WHAT THE TASK ASKS:
Print every line of the material exactly.
┏━━
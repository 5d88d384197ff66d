-- ===== src/Serve/Shows.antt =====
-- One block after another through SignersForHeader, on a node that serves every block.
use signers.Base.{
  ℕ, ◌+◌, ◌%◌, ◌^◌, ◌<◌, ◌≡◌, refl, sym, ap, ◌∙◌, List, [], ◌∷◌, ◌++◌, map, Option, some, arith,
  All, count,
}
use mathlib.Core.Path.{fun_ext, ap₂}
use signers.Base.Int.{◌<ℤ◌}
use signers.Base.Exec.{returned}
use signers.Redt.Types.{Address, block_number, ValInfo, Geth}
use signers.Redt.Node.{Node}
use signers.Redt.Node.Chain.{block_number-chain}
use signers.Redt.Stats.{increment, increment_all, update_statistics_for_block}
use signers.Redt.Stats.Counting.{increment_all-mod, update_fresh}
use signers.Redt.Report.{report_row, signers_for_header}
use signers.Redt.Report.RoundRobin.{next_proposer-member}
use signers.Redt.Report.Display.{infos, All-elem}
use signers.Redt.Report.Answer.{signers_for_header-eq, next_operator-eq}
use signers.Redt.Monitor.Steady.{Story, Steady, Ready}
use signers.Redt.Monitor.Notified.{tally}
use signers.Serve.Pages.{
  entry_of, entry, address_or_zero, turn_after, after_blocks, report_of, tally-append,
  increment_all-lt,
}

infos-map :
    {A : Type 0} (m : Address → Option ValInfo) (row : ValInfo → A) (vs : List Address)
    (known : All (λ a. (info : ValInfo) × (m a ≡ some info)) vs)
    → map row (infos m vs known) ≡ map (λ v. row (entry_of (m v))) vs
infos-map m row [] known = refl
infos-map m row (v ∷ vs) ((info, listed), known) =
    ap₂ (λ x xs. x ∷ xs) (ap (λ o. row (entry_of o)) (sym listed)) (infos-map m row vs known)

module _ (g : Geth) (story : Story) (steady : Steady g story) (s : Node g) where
  open story use {chain, author, signers}

  -- The node after these blocks, with some cache.
  abbrev pub at : List ℕ → g.Cache → ℕ → Node g
  at ns cache calls = record (after_blocks g story s ns) { header_cache = cache; calls = calls }

  increment-tally :
      (ns : List ℕ) (n : ℕ)
      → increment (λ v. (s.as_proposer v + tally (λ i. author i ∷ []) v ns) % 2 ^ 64) (author n)
        ≡ (λ v. (s.as_proposer v + tally (λ i. author i ∷ []) v (ns ++ n ∷ [])) % 2 ^ 64)
  unfolding increment count
  increment-tally ns n =
      fun_ext (λ v. ground (arith, tally-append (λ i. author i ∷ []) v ns (n ∷ [])))

  increment_all-tally :
      (ns : List ℕ) (n : ℕ)
      → increment_all (signers n) (λ v. (s.as_signer v + tally signers v ns) % 2 ^ 64)
        ≡ (λ v. (s.as_signer v + tally signers v (ns ++ n ∷ [])) % 2 ^ 64)
  increment_all-tally ns n = fun_ext (λ v.
      let m : Address → ℕ = λ a. (s.as_signer a + tally signers a ns) % 2 ^ 64 in
      let small : m v < 2 ^ 64 = omega arith in
      omega (
        arith,
        increment_all-lt (signers n) m v small,
        increment_all-mod (signers n) m v,
        tally-append signers v ns (n ∷ []),
      ))

  update-at :
      (ns : List ℕ) (n : ℕ) (cache : g.Cache) (calls : ℕ)
      → 0 < n
      → n < 2 ^ 63
      → Ready g story s
      → update_statistics_for_block g (chain n) (at ns cache calls)
        ≡ (returned (author n, signers n), at (ns ++ n ∷ []) cache calls)
  update-at ns n cache calls some_block low ready =
      let t = at ns cache calls in
      let fresh : s.last_block_processed <ℤ block_number (chain n) =
        rw (ready.counting, block_number-chain g chain steady.laws steady.world n low)
          (omega arith) in
      update_fresh g (chain n) t (steady.recovered n some_block) ready.free fresh
      ∙ ap₂ (λ p q. (returned (author n, signers n), record t { as_proposer = p; as_signer = q }))
          (increment-tally ns n) (increment_all-tally ns n)

  -- The block n after the blocks `ns`: the report that the chain tells, and the node that has
  -- counted it.
  pub signers_for_header-at :
      (ns : List ℕ) (n latest : ℕ) (cache : g.Cache) (calls : ℕ)
      → 0 < n
      → n < 2 ^ 63
      → Ready g story s
      → signers_for_header g (chain n) latest (at ns cache calls) ≡ (
        returned (report_of g story s (ns ++ n ∷ []) latest n, (chain n).time),
        at (ns ++ n ∷ []) cache calls,
      )
  unfolding report_row
  signers_for_header-at ns n latest cache calls some_block low ready =
      let t = at ns cache calls in
      let u = at (ns ++ n ∷ []) cache calls in
      let row = report_row g (author n) (signers n) u in
      let (i, b, found, next) = next_proposer-member s.val_set (author n) ready.inhabited in
      let (info', listed') = All-elem s s.val_set i b ready.members_known found in
      let (info, listed) = ready.authors_known n in
      let named : info ≡ entry g story s (author n) = ap entry_of (sym listed) in
      let turn : info' ≡ entry g story s (turn_after (author n) s.val_set) =
        ap entry_of (sym listed') ∙ ap (λ o. entry g story s (address_or_zero o)) (sym next) in
      let rows = infos-map s.all_validators row s.val_set ready.members_known in
      signers_for_header-eq g (chain n) latest t (author n) (signers n) u info'.operator info
        ready.members_known ready.free.0 (update-at ns n cache calls some_block low ready)
        (next_operator-eq g (chain n) latest t u (author n) b info' next listed') listed
      ∙ (λ i. (
        returned (
          record (report_of g story s (ns ++ n ∷ []) latest n) {
            operator = (named i).operator;
            next_proposer_operator = (turn i).operator;
            signers = rows i;
          },
          (chain n).time,
        ),
        u,
      ))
┗━━
SOLUTION TO THE PROBLEM:
repository 5d88d384197ff66d
-- ===== src/Serve/Shows.antt =====
-- One block after another through SignersForHeader, on a node that serves every block.
use signers.Base.{
  ℕ, ◌+◌, ◌%◌, ◌^◌, ◌<◌, ◌≡◌, refl, sym, ap, ◌∙◌, List, [], ◌∷◌, ◌++◌, map, Option, some, arith,
  All, count,
}
use mathlib.Core.Path.{fun_ext, ap₂}
use signers.Base.Int.{◌<ℤ◌}
use signers.Base.Exec.{returned}
use signers.Redt.Types.{Address, block_number, ValInfo, Geth}
use signers.Redt.Node.{Node}
use signers.Redt.Node.Chain.{block_number-chain}
use signers.Redt.Stats.{increment, increment_all, update_statistics_for_block}
use signers.Redt.Stats.Counting.{increment_all-mod, update_fresh}
use signers.Redt.Report.{report_row, signers_for_header}
use signers.Redt.Report.RoundRobin.{next_proposer-member}
use signers.Redt.Report.Display.{infos, All-elem}
use signers.Redt.Report.Answer.{signers_for_header-eq, next_operator-eq}
use signers.Redt.Monitor.Steady.{Story, Steady, Ready}
use signers.Redt.Monitor.Notified.{tally}
use signers.Serve.Pages.{
  entry_of, entry, address_or_zero, turn_after, after_blocks, report_of, tally-append,
  increment_all-lt,
}

infos-map :
    {A : Type 0} (m : Address → Option ValInfo) (row : ValInfo → A) (vs : List Address)
    (known : All (λ a. (info : ValInfo) × (m a ≡ some info)) vs)
    → map row (infos m vs known) ≡ map (λ v. row (entry_of (m v))) vs
infos-map m row [] known = refl
infos-map m row (v ∷ vs) ((info, listed), known) =
    ap₂ (λ x xs. x ∷ xs) (ap (λ o. row (entry_of o)) (sym listed)) (infos-map m row vs known)

module _ (g : Geth) (story : Story) (steady : Steady g story) (s : Node g) where
  open story use {chain, author, signers}

  -- The node after these blocks, with some cache.
  abbrev pub at : List ℕ → g.Cache → ℕ → Node g
  at ns cache calls = record (after_blocks g story s ns) { header_cache = cache; calls = calls }

  increment-tally :
      (ns : List ℕ) (n : ℕ)
      → increment (λ v. (s.as_proposer v + tally (λ i. author i ∷ []) v ns) % 2 ^ 64) (author n)
        ≡ (λ v. (s.as_proposer v + tally (λ i. author i ∷ []) v (ns ++ n ∷ [])) % 2 ^ 64)
  unfolding increment count
  increment-tally ns n =
      fun_ext (λ v. ground (arith, tally-append (λ i. author i ∷ []) v ns (n ∷ [])))

  increment_all-tally :
      (ns : List ℕ) (n : ℕ)
      → increment_all (signers n) (λ v. (s.as_signer v + tally signers v ns) % 2 ^ 64)
        ≡ (λ v. (s.as_signer v + tally signers v (ns ++ n ∷ [])) % 2 ^ 64)
  increment_all-tally ns n = fun_ext (λ v.
      let m : Address → ℕ = λ a. (s.as_signer a + tally signers a ns) % 2 ^ 64 in
      let small : m v < 2 ^ 64 = omega arith in
      omega (
        arith,
        increment_all-lt (signers n) m v small,
        increment_all-mod (signers n) m v,
        tally-append signers v ns (n ∷ []),
      ))

  update-at :
      (ns : List ℕ) (n : ℕ) (cache : g.Cache) (calls : ℕ)
      → 0 < n
      → n < 2 ^ 63
      → Ready g story s
      → update_statistics_for_block g (chain n) (at ns cache calls)
        ≡ (returned (author n, signers n), at (ns ++ n ∷ []) cache calls)
  update-at ns n cache calls some_block low ready =
      let t = at ns cache calls in
      let fresh : s.last_block_processed <ℤ block_number (chain n) =
        rw (ready.counting, block_number-chain g chain steady.laws steady.world n low)
          (omega arith) in
      update_fresh g (chain n) t (steady.recovered n some_block) ready.free fresh
      ∙ ap₂ (λ p q. (returned (author n, signers n), record t { as_proposer = p; as_signer = q }))
          (increment-tally ns n) (increment_all-tally ns n)

  -- The block n after the blocks `ns`: the report that the chain tells, and the node that has
  -- counted it.
  pub signers_for_header-at :
      (ns : List ℕ) (n latest : ℕ) (cache : g.Cache) (calls : ℕ)
      → 0 < n
      → n < 2 ^ 63
      → Ready g story s
      → signers_for_header g (chain n) latest (at ns cache calls) ≡ (
        returned (report_of g story s (ns ++ n ∷ []) latest n, (chain n).time),
        at (ns ++ n ∷ []) cache calls,
      )
  unfolding report_row
  signers_for_header-at ns n latest cache calls some_block low ready =
      let t = at ns cache calls in
      let u = at (ns ++ n ∷ []) cache calls in
      let row = report_row g (author n) (signers n) u in
      let (i, b, found, next) = next_proposer-member s.val_set (author n) ready.inhabited in
      let (info', listed') = All-elem s s.val_set i b ready.members_known found in
      let (info, listed) = ready.authors_known n in
      let named : info ≡ entry g story s (author n) = ap entry_of (sym listed) in
      let turn : info' ≡ entry g story s (turn_after (author n) s.val_set) =
        ap entry_of (sym listed') ∙ ap (λ o. entry g story s (address_or_zero o)) (sym next) in
      let rows = infos-map s.all_validators row s.val_set ready.members_known in
      signers_for_header-eq g (chain n) latest t (author n) (signers n) u info'.operator info
        ready.members_known ready.free.0 (update-at ns n cache calls some_block low ready)
        (next_operator-eq g (chain n) latest t u (author n) b info' next listed') listed
      ∙ (λ i. (
        returned (
          record (report_of g story s (ns ++ n ∷ []) latest n) {
            operator = (named i).operator;
            next_proposer_operator = (turn i).operator;
            signers = rows i;
          },
          (chain n).time,
        ),
        u,
      ))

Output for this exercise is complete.